My curried carrot soup, which I published in Market to Table: The Cookbook, now available on Amazon, i-Tunes and Lulu.com, appears here on Gentleman’s Portion for the very first time. How it hid in draft form at the back of a long list of recipes, I can’t imagine. Enjoy the recipe below. And note the decorative petals, which add nothing nutritious or tasty, but seem to lift the flavour. As it is made with ginger, if I had bright pink ginger flower petals to hand I would use them instead.
CURRIED CARROT SOUP
- 1 1/2 lb / 680 g carrots, peeled and chopped
- 1 small onion, finely chopped
- 2 TBSP vegetable oil
- 1 tsp curry powder
- 1 tsp turmeric
- 1 tsp garlic powder
- 1/4 cup grated fresh ginger (or less)
- 3 cups stock (vegetable, chicken or turkey) (or more)
- Sea salt to taste
- Edible flowers for garnish (optional)
- Wash, peel and chop the carrots into small pieces. Peel the fresh ginger and grate coarsely. Peel and finely chop the onion.
- Soften the onions in hot oil, add curry powder, turmeric and garlic powder, stir in well until the powders are well integrated. Add carrots and ginger and coat with oil and onions mixture.
- Pour in the stock and simmer for 20 mins, or whenever the carrots are tender. Let it cool for a few minutes and then dump as much as you can into a blender (don’t fill it to the top or you will be decorating the kitchen). Blend so the mixture is pureed and smooth. Do in two batches if you need to.

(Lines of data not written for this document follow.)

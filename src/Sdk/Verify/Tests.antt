-- ===== src/Sdk/Verify/Tests.antt =====
-- packages/sdk/src/signin.ts: verifySignIn at a concrete sign-in.
use vera_key.Prelude.{◌≡◌, ◌≢◌, refl, true, false, [], some}
use vera_key.Prelude.Text.{lower, big_int}
use vera_key.Sdk.Values.{property, length16}
use vera_key.Sdk.Connect.{message_field}
use vera_key.Sdk.Bytes.{to_field_hex, limbs}
use vera_key.Sdk.Bytes.Base64.{base64_url_encode}
use vera_key.Sdk.Verify.{statement_of, well_formed, normalize_origin}
use vera_key.Sdk.Verify.Chain.{verify_sign_in, format_ok}
use vera_key.Sdk.Verify.Meant.{IsMeant}
use vera_key.Sdk.Verify.Laws.{IsVerified, verify_sign_in_iff, calls-IsMeant}
use vera_key.Sdk.Verify.Examples.{viem, node, options, result}

verified : Unit {0}
unfolding verify_sign_in to_field_hex big_int lower length16 property normalize_origin
    base64_url_encode limbs
verified = tt

verify_sign_in_valid : (verify_sign_in viem node options 1100000 result).valid ≡ true
unfolding verified
verify_sign_in_valid = refl

verify_sign_in_iff_example : IsVerified viem node options 1100000 result
verify_sign_in_iff_example =
    (verify_sign_in_iff viem node options 1100000 result).0 verify_sign_in_valid

calls : (verify_sign_in viem node options 1100000 result).calls ≢ []
unfolding verified
calls h = cc

calls-IsMeant_example :
    (format_ok result ≡ true)
    × (well_formed viem (message_field "statement" result) result ≡ some true)
    × IsMeant viem options 1100000 (statement_of (message_field "statement" result)) result
calls-IsMeant_example = calls-IsMeant viem node options 1100000 result calls

verify_sign_in_expired : (verify_sign_in viem node options 1360000 result).valid ≡ false
unfolding verified
verify_sign_in_expired = refl
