-- ===== src/Server.antt =====
-- The relayer's server: server/rate-limit.ts, server/relayer.ts, and of server/index.ts the route that
-- forwards calls to the node.
pub mod RateLimit
pub mod Relayer
pub mod Rpc
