-- ===== src/Server/RateLimit.antt =====
-- server/rate-limit.ts, the class RateLimiter. Times are milliseconds, Date.now() is an argument of
-- each call, and limits and weights are whole numbers.
pub mod Laws
pub mod Bounds
mod Tests
use vera_key.Prelude.{
  ℕ, ◌+◌, String, Bool, true, false, List, none, some, leb, ltb, if◌then◌else◌, length,
}
use vera_key.Collections.Map

pub record Window : Type 0 where
  pub start : ℕ
  pub count : ℕ

pub record RateLimiter : Type 0 where
  pub limit : ℕ
  pub window_ms : ℕ
  pub windows : List (String × Window)

-- `now - window.start >= windowMs`
abbrev pub expired : ℕ → ℕ → Window → Bool
expired window_ms now w = leb (w.start + window_ms) now

unfoldable pub sweep : RateLimiter → ℕ → RateLimiter
sweep l now =
    if ltb (length l.windows) 10000
    then l
    else record l { windows = Map.sweep (expired l.window_ms now) l.windows }

-- The branch of `take` that opens a new window.
unfoldable pub open_window : RateLimiter → String → ℕ → ℕ → RateLimiter × Bool
open_window l key weight now = if ltb l.limit weight then (l, false) else (
  sweep (record l { windows = Map.set key (record { start = now; count = weight }) l.windows }) now,
  true,
)

-- The branch of `take` that counts in the current window.
unfoldable pub count_in : RateLimiter → String → ℕ → Window → RateLimiter × Bool
count_in l key weight w = if ltb l.limit (w.count + weight) then (l, false) else (
  record l { windows = Map.set key (record w { count = w.count + weight }) l.windows },
  true,
)

unfoldable pub take : RateLimiter → String → ℕ → ℕ → RateLimiter × Bool
unfolding open_window count_in
take l key weight now = elim (Map.get key l.windows) [
  | none ↦ open_window l key weight now
  | some w ↦
      if expired l.window_ms now w then open_window l key weight now else count_in l key weight w
]
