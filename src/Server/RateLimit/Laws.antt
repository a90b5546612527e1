-- ===== src/Server/RateLimit/Laws.antt =====
-- RateLimiter of server/rate-limit.ts against its contract: what a key has used of its window.
use vera_key.Prelude.{
  ℕ, ◌+◌, ◌≤◌, ◌<◌, ◌≡◌, String, Bool, false, Option, none, some, arith, leb, ltb, ◌==◌,
  if◌then◌else◌, Option-cases, Bool-cases, inl, inr, refl,
}
use vera_key.Collections.Map
use vera_key.Server.RateLimit.{Window, RateLimiter, expired, sweep, open_window, count_in, take}

-- What the window still open at a time has counted; nothing once it has expired.
abbrev pub counted : ℕ → ℕ → Option Window → ℕ
counted window_ms now none = 0
counted window_ms now (some w) = if expired window_ms now w then 0 else w.count

-- The contract's view of a limiter: how much `key` has used at a time.
unfoldable pub used : RateLimiter → String → ℕ → ℕ
used l key now = counted l.window_ms now (Map.get key l.windows)

abbrev pub WindowFits : ℕ → Option Window → Type 0
WindowFits limit none = Unit
WindowFits limit (some w) = w.count ≤ limit

pub record IsValid (l : RateLimiter) : Type 0 where
  pub unique : Map.IsUnique l.windows
  pub fits : (key : String) → WindowFits l.limit (Map.get key l.windows)

pub counted-kept :
    (window_ms now later : ℕ) (o : Option Window)
    → now ≤ later
    → counted window_ms later (Map.kept (expired window_ms now) o) ≡ counted window_ms later o
counted-kept window_ms now later none h = refl
counted-kept window_ms now later (some w) h = ground arith

-- A sweep changes no answer from its time on.
pub used-sweep :
    (l : RateLimiter) (key : String) (now later : ℕ)
    → Map.IsUnique l.windows
    → now ≤ later
    → used (sweep l now) key later ≡ used l key later
unfolding used sweep
used-sweep l key now later u h = ground (
  arith,
  Map.get-sweep (expired l.window_ms now) key l.windows u,
  counted-kept l.window_ms now later (Map.get key l.windows) h,
)

abbrev pub put : RateLimiter → String → Window → RateLimiter
put l key w = record l { windows = Map.set key w l.windows }

used-put_self :
    (l : RateLimiter) (key : String) (w : Window) (now : ℕ)
    → used (put l key w) key now ≡ counted l.window_ms now (some w)
unfolding used
used-put_self l key w now = rw (Map.get-set_self key w l.windows)

used-put_other :
    (l : RateLimiter) (key j : String) (w : Window) (now : ℕ)
    → (key == j) ≡ false
    → used (put l key w) j now ≡ used l j now
unfolding used
used-put_other l key j w now n = rw (Map.get-set key j w l.windows, n)

used_of_get :
    (l : RateLimiter) (key : String) (now : ℕ) (o : Option Window)
    → Map.get key l.windows ≡ o
    → used l key now ≡ counted l.window_ms now o
unfolding used
used_of_get l key now o e = rw e

-- With a valid limiter and a window that is not empty, `take` answers whether the key's use of its
-- window, with the new weight, is within the limit; then the key has used that much more, and
-- otherwise as much as before.
pub take_lem :
    (l : RateLimiter) (key : String) (weight now : ℕ)
    → 0 < l.window_ms
    → IsValid l
    → ((take l key weight now).1 ≡ leb (used l key now + weight) l.limit)
      × (used (take l key weight now).0 key now
          ≡ (if (take l key weight now).1 then used l key now + weight else used l key now))
unfolding take
take_lem l key weight now w v =
    let fresh : Window = record { start = now; count = weight } in
    let swept =
      used-sweep (put l key fresh) key now now (Map.IsUnique-set key fresh l.windows v.unique) in
    elim (Option-cases (Map.get key l.windows)) [
      | inl e ↦
          ground (arith, e, used_of_get l key now none e, used-put_self l key fresh now, swept)
      | inr (x, e) ↦ ground (
        arith,
        used_of_get l key now (some x) e,
        used-put_self l key fresh now,
        used-put_self l key (record x { count = x.count + weight }) now,
        swept,
      )
    ]

-- A refusal leaves the limiter as it was.
pub take_refused-eq :
    (l : RateLimiter) (key : String) (weight now : ℕ)
    → (take l key weight now).1 ≡ false
    → (take l key weight now).0 ≡ l
unfolding take
take_refused-eq l key weight now h = ground arith

-- A call of `take` on a valid limiter leaves what every other key has used as it was, from the
-- call's time on, although it may sweep expired windows.
pub used-take_other :
    (l : RateLimiter) (key j : String) (weight now later : ℕ)
    → IsValid l
    → (key == j) ≡ false
    → now ≤ later
    → used (take l key weight now).0 j later ≡ used l j later
unfolding take
used-take_other l key j weight now later v n h =
    let fresh : Window = record { start = now; count = weight } in
    let swept =
      used-sweep (put l key fresh) j now later (Map.IsUnique-set key fresh l.windows v.unique) h in
    elim (Option-cases (Map.get key l.windows)) [
      | inl e ↦ ground (arith, swept, used-put_other l key j fresh later n)
      | inr (x, e) ↦ ground (
        arith,
        swept,
        used-put_other l key j fresh later n,
        used-put_other l key j (record x { count = x.count + weight }) later n,
      )
    ]

WindowFits-kept :
    (limit : ℕ) (drop : Window → Bool) (o : Option Window)
    → WindowFits limit o
    → WindowFits limit (Map.kept drop o)
WindowFits-kept limit drop none f = tt
WindowFits-kept limit drop (some w) f = ground arith

sweep-IsValid : (l : RateLimiter) (now : ℕ) → IsValid l → IsValid (sweep l now)
unfolding sweep
sweep-IsValid l now v = record {
  unique = ground (arith, Map.IsUnique-sweep (expired l.window_ms now) l.windows v.unique);
  fits = λ key. ground (
    arith,
    v.fits key,
    Map.get-sweep (expired l.window_ms now) key l.windows v.unique,
    WindowFits-kept l.limit (expired l.window_ms now) (Map.get key l.windows) (v.fits key),
  );
}

put-IsValid :
    (l : RateLimiter) (key : String) (w : Window)
    → IsValid l
    → w.count ≤ l.limit
    → IsValid (put l key w)
put-IsValid l key w v h = record {
  unique = Map.IsUnique-set key w l.windows v.unique;
  fits = λ j. ground (arith, v.fits j, Map.get-set key j w l.windows);
}

open_window-IsValid :
    (l : RateLimiter) (key : String) (weight now : ℕ)
    → IsValid l
    → IsValid (open_window l key weight now).0
unfolding open_window
open_window-IsValid l key weight now v =
    let fresh : Window = record { start = now; count = weight } in
    elim (Bool-cases (ltb l.limit weight)) [
      | inl over ↦ rw over v
      | inr within ↦
          rw within (sweep-IsValid (put l key fresh) now (put-IsValid l key fresh v (ground arith)))
    ]

count_in-IsValid :
    (l : RateLimiter) (key : String) (weight : ℕ) (w : Window)
    → IsValid l
    → IsValid (count_in l key weight w).0
unfolding count_in
count_in-IsValid l key weight w v = elim (Bool-cases (ltb l.limit (w.count + weight))) [
  | inl over ↦ rw over v
  | inr within ↦
      rw within (put-IsValid l key (record w { count = w.count + weight }) v (ground arith))
]

-- `take` keeps a limiter valid: no window counts more than the limit, and each key has one window.
pub take-IsValid :
    (l : RateLimiter) (key : String) (weight now : ℕ)
    → IsValid l
    → IsValid (take l key weight now).0
unfolding take
take-IsValid l key weight now v = elim (Option-cases (Map.get key l.windows)) [
  | inl e ↦ rw (e, take) (open_window-IsValid l key weight now v)
  | inr (w, e) ↦ elim (Bool-cases (expired l.window_ms now w)) [
    | inl old ↦ rw (e, take) (rw old (open_window-IsValid l key weight now v))
    | inr live ↦ rw (e, take) (rw live (count_in-IsValid l key weight w v))
  ]
]

-- `take` keeps the limiter's settings.
pub take-settings :
    (l : RateLimiter) (key : String) (weight now : ℕ)
    → ((take l key weight now).0.limit ≡ l.limit)
      × ((take l key weight now).0.window_ms ≡ l.window_ms)
unfolding take sweep
take-settings l key weight now = ground arith
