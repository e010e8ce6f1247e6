-- ===== src/Engine/Sites/Pages.antt =====
-- native/engine/site_scraper.cpp: what is read of the pages of RuTracker and Nyaa.
use rats_search_tui.Base.{
  ℕ, ℤ, pos, wrap32, Bool, true, false, not, ◌||◌, List, [], ◌∷◌, Option, none, some, Text, codes,
  eq_text, null, take, if◌then◌else◌,
}
use rats_search_tui.Domain.Filter.{trim}
use rats_search_tui.Engine.Sites.Encoding.{decode_windows1251}
use rats_search_tui.Engine.Sites.Html.{
  Pcre2, Flag, dot_all, contains_case_insensitive, to_long, truncate_description, first_match,
  replace_all_regex, strip_html,
}

pub record TrackerSiteInfo : Type 0 where
  pub tracker_name : Text
  pub name : Text
  pub poster : Text
  pub description : Text
  pub content_category : Text
  pub thread_id : ℤ
  pub success : Bool

-- What a strategy that found nothing reports.
unfoldable pub nothing_on : Text → TrackerSiteInfo
nothing_on site = record {
  tracker_name = site;
  name = [];
  poster = [];
  description = [];
  content_category = [];
  thread_id = pos 0;
  success = false;
}

abbrev pub rutracker : Text
rutracker = codes "rutracker"

abbrev pub nyaa : Text
nyaa = codes "nyaa"

abbrev pub encoding_sniff_length : ℕ
encoding_sniff_length = 2000

-- atoi, as the C library has it: strtol, cut to an int
unfoldable pub atoi : Text → ℤ
atoi s = wrap32 (pos (to_long s))

unfoldable pub decode_page : Text → Text
decode_page raw =
    if contains_case_insensitive (take encoding_sniff_length raw) (codes "windows-1251")
    then decode_windows1251 raw
    else raw

-- The first group of a match, and the first two.
abbrev pub first_of : List Text → Option Text
first_of [] = none
first_of (m ∷ []) = none
first_of (m ∷ a ∷ ms) = some a

abbrev pub two_of : List Text → Option (Text × Text)
two_of [] = none
two_of (m ∷ []) = none
two_of (m ∷ a ∷ []) = none
two_of (m ∷ a ∷ b ∷ ms) = some (a, b)

module _ (pcre2 : Pcre2) where
  -- What the first group of the first match becomes, if there is one.
  unfoldable pub captured : {A : Type 0} → Text → List Flag → (Text → A) → A → Text → A
  captured pattern flags f d html = elim (first_of (first_match pcre2 pattern flags html)) [
    | none ↦ d
    | some m ↦ f m
  ]

  unfoldable pub rutracker_title : Text → Text
  rutracker_title html =
      captured (codes "<a[^>]*id\\s*=\\s*\"topic-title\"[^>]*>(.*?)</a>") (dot_all ∷ [])
        (λ m. trim (strip_html pcre2 m)) [] html

  -- The newlines that are put before the markers of a post.
  unfoldable pub marked : Text → Text
  marked html =
      replace_all_regex pcre2 (codes "><span class=\"post-b\">") []
        (codes ">\n<span class=\"post-b\">")
        (replace_all_regex pcre2 (codes "<span class=\"post-br\">") []
          (codes "\n<span class=\"post-br\">") html)

  unfoldable pub parse_rutracker_html : Text → TrackerSiteInfo
  parse_rutracker_html raw =
      let html = marked (decode_page raw) in
      let title = rutracker_title html in
      if null raw || null (decode_page raw) || null title then nothing_on rutracker else record {
        tracker_name = rutracker;
        name = title;
        poster =
            captured
              (codes
                "<(?:var|img)[^>]*class\\s*=\\s*\"postImg(?:Aligned)?\"[^>]*title\\s*=\\s*\"([^\"]+)\"")
              [] trim [] html;
        description =
            captured (codes "<div[^>]*class\\s*=\\s*\"post_body\"[^>]*>(.*?)</div\\s*>\\s*</td>")
              (dot_all ∷ []) (λ m. trim (truncate_description (strip_html pcre2 m))) [] html;
        content_category =
            captured
              (codes
                "<td[^>]*class\\s*=\\s*\"vBottom\"[^>]*>.*?<[^>]*class\\s*=\\s*\"nav\"[^>]*>(.*?)</(?:div|td)>")
              (dot_all ∷ [])
              (λ m.
                trim (replace_all_regex pcre2 (codes "\\s+") [] (codes " ") (strip_html pcre2 m)))
              [] html;
        thread_id =
            captured
              (codes
                "<a[^>]*class\\s*=\\s*\"magnet-link(?:-1)?\"[^>]*data-topic_id\\s*=\\s*\"(\\d+)\"")
              [] atoi (pos 0) html;
        success = true;
      }

  -- The panel title of a page of Nyaa; an empty text stands for none.
  unfoldable pub nyaa_title : Text → Text
  nyaa_title raw =
      let title =
        captured (codes "<h3[^>]*class\\s*=\\s*\"panel-title\"[^>]*>(.*?)</h3>") (dot_all ∷ [])
          (λ m. replace_all_regex pcre2 (codes "[\\t\\n]+") [] [] (trim (strip_html pcre2 m))) []
          raw in
      if eq_text title (codes "Nyaa") then [] else title

  unfoldable pub nyaa_description : Text → Text
  nyaa_description raw =
      captured (codes "<div[^>]*id\\s*=\\s*\"torrent-description\"[^>]*>(.*?)</div>") (dot_all ∷ [])
        (λ m. truncate_description (trim (strip_html pcre2 m))) [] raw

  unfoldable pub titled : Text → TrackerSiteInfo
  titled title =
      if null title
      then nothing_on nyaa
      else record (nothing_on nyaa) { name = title; success = true }

  unfoldable pub parse_nyaa_search_html : Text → TrackerSiteInfo
  parse_nyaa_search_html raw =
      let found = two_of (
        first_match pcre2 (codes "<a[^>]*href\\s*=\\s*\"/view/(\\d+)\"[^>]*>([^<]+)</a>") [] raw) in
      let info : TrackerSiteInfo = elim found [
        | some (id, title) ↦ record (nothing_on nyaa) {
          thread_id = atoi id;
          name = trim title;
          success = true;
        }
        | none ↦ titled (nyaa_title raw)
      ] in
      if null raw then nothing_on nyaa else record info { description = nyaa_description raw }

  unfoldable pub parse_nyaa_view_html : Text → TrackerSiteInfo
  parse_nyaa_view_html raw =
      let info = titled (nyaa_title raw) in
      if null raw || not info.success then nothing_on nyaa else record info {
        description = nyaa_description raw;
        thread_id = captured (codes "/view/(\\d+)") [] atoi (pos 0) raw;
      }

- Return to the pot and reheat when needed. Test for seasoning before serving. Add more stock if it ends up too thick.
PS: This is my last article for 2017 and concludes a very successful fifth year of continuous publication, at least one per week. And as it is posted on Christmas Day, I’ll take this opportunity to wish all my readers a very happy holiday season.
NOTES: *Tessa’s recipe for cucumber terrine includes: Hendricks and tonic marinated cucumber, water melon and radish with Jersey Royal potato and Gruyere cheese straws. I can hardly wait for my next visit. **Potages are a category of soups that are inherently thick, or which thicken naturally during cooking, such as potato soups. ***The tulips on our Market to Table set (photo 1) were purely decorative and were not used in cooking. Most flowers from bulbs are not edible.